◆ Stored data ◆
-- ===== src/Atoms.antt =====
-- glsld-core/include/Basic/AtomTable.h and src/Basic/AtomTable.cpp: texts are interned, so that
-- pointers stand for them. A pointer is the number of its allocation.
pub mod Interning
pub mod Tests
use glsld.Prelude.{
  ℕ, ◌+◌, Bool, true, false, List, [], ◌∷◌, ◌++◌, Option, none, some, ◌==◌, get_elem?, length,
  if◌then◌else◌,
}
use glsld.Token.{Bytes, text_eq}

-- `none` is the null pointer.
abbrev pub AtomString : Type 0
AtomString = Option ℕ

-- The arena's memory is the list of what was allocated.
pub record AtomTable : Type 0 where
  pub arena : List Bytes
  pub atom_lookup : List (Bytes × ℕ)

-- The text of a C string ends at its null character.
unfoldable pub c_string : Bytes → Bytes
c_string [] = []
c_string (ch ∷ text) = let rest = c_string text in if ch == 0 then [] else ch ∷ rest

unfoldable pub find_atom : List (Bytes × ℕ) → Bytes → Option ℕ
unfolding text_eq
find_atom [] s = none
find_atom ((key, p) ∷ m) s = if text_eq key s then some p else find_atom m s

-- `atomLookup[key] = p`.
unfoldable pub assign_atom : Bytes → ℕ → List (Bytes × ℕ) → List (Bytes × ℕ)
unfolding text_eq
assign_atom key p [] = (key, p) ∷ []
assign_atom key p ((k, q) ∷ m) =
    let rest = assign_atom key p m in if text_eq k key then (k, p) ∷ m else (k, q) ∷ rest

abbrev pub text_at : Option Bytes → Bytes
text_at none = []
text_at (some text) = c_string text

-- `StrView` and `Str`.
unfoldable pub str_view : AtomTable → AtomString → Bytes
unfolding c_string
str_view t none = []
str_view t (some p) = text_at (get_elem? t.arena p)

-- `AddAtom`, and the key that its result is stored under.
abbrev pub add_atom : Bytes → AtomTable → AtomString × AtomTable
add_atom s t =
    let p = length t.arena in
    (
      some p,
      record {
        arena = t.arena ++ (s ∷ []);
        atom_lookup = assign_atom (c_string s) p t.atom_lookup;
      },
    )

abbrev pub found_or_added : Bytes → AtomTable → Option ℕ → AtomString × AtomTable
found_or_added s t (some p) = (some p, t)
found_or_added s t none = add_atom s t

unfoldable pub get_atom : Bytes → AtomTable → AtomString × AtomTable
unfolding find_atom assign_atom c_string
get_atom s t = found_or_added s t (find_atom t.atom_lookup s)

-- `GetAtom` on a constant table.
unfoldable pub get_atom_const : Bytes → AtomTable → AtomString
unfolding find_atom
get_atom_const s t = find_atom t.atom_lookup s

-- A table that starts with the atoms of the preamble's, whose memory it shares.
abbrev pub new_atom_table : Option AtomTable → AtomTable
new_atom_table none = record { arena = []; atom_lookup = [] }
new_atom_table (some preamble) = preamble

-- The texts in order with their atoms.
unfoldable pub get_atoms : List Bytes → AtomTable → List (Bytes × AtomString) × AtomTable
unfolding get_atom
get_atoms [] t = ([], t)
get_atoms (s ∷ ss) t = let r = get_atom s t in let rs = get_atoms ss r.1 in ((s, r.0) ∷ rs.0, rs.1)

◆ Work to complete ◆
In the records above, locate every line with the string "that" and copy it.

◆ Solved exercise ◆
-- glsld-core/include/Basic/AtomTable.h and src/Basic/AtomTable.cpp: texts are interned, so that
-- `AddAtom`, and the key that its result is stored under.
-- A table that starts with the atoms of the preamble's, whose memory it shares.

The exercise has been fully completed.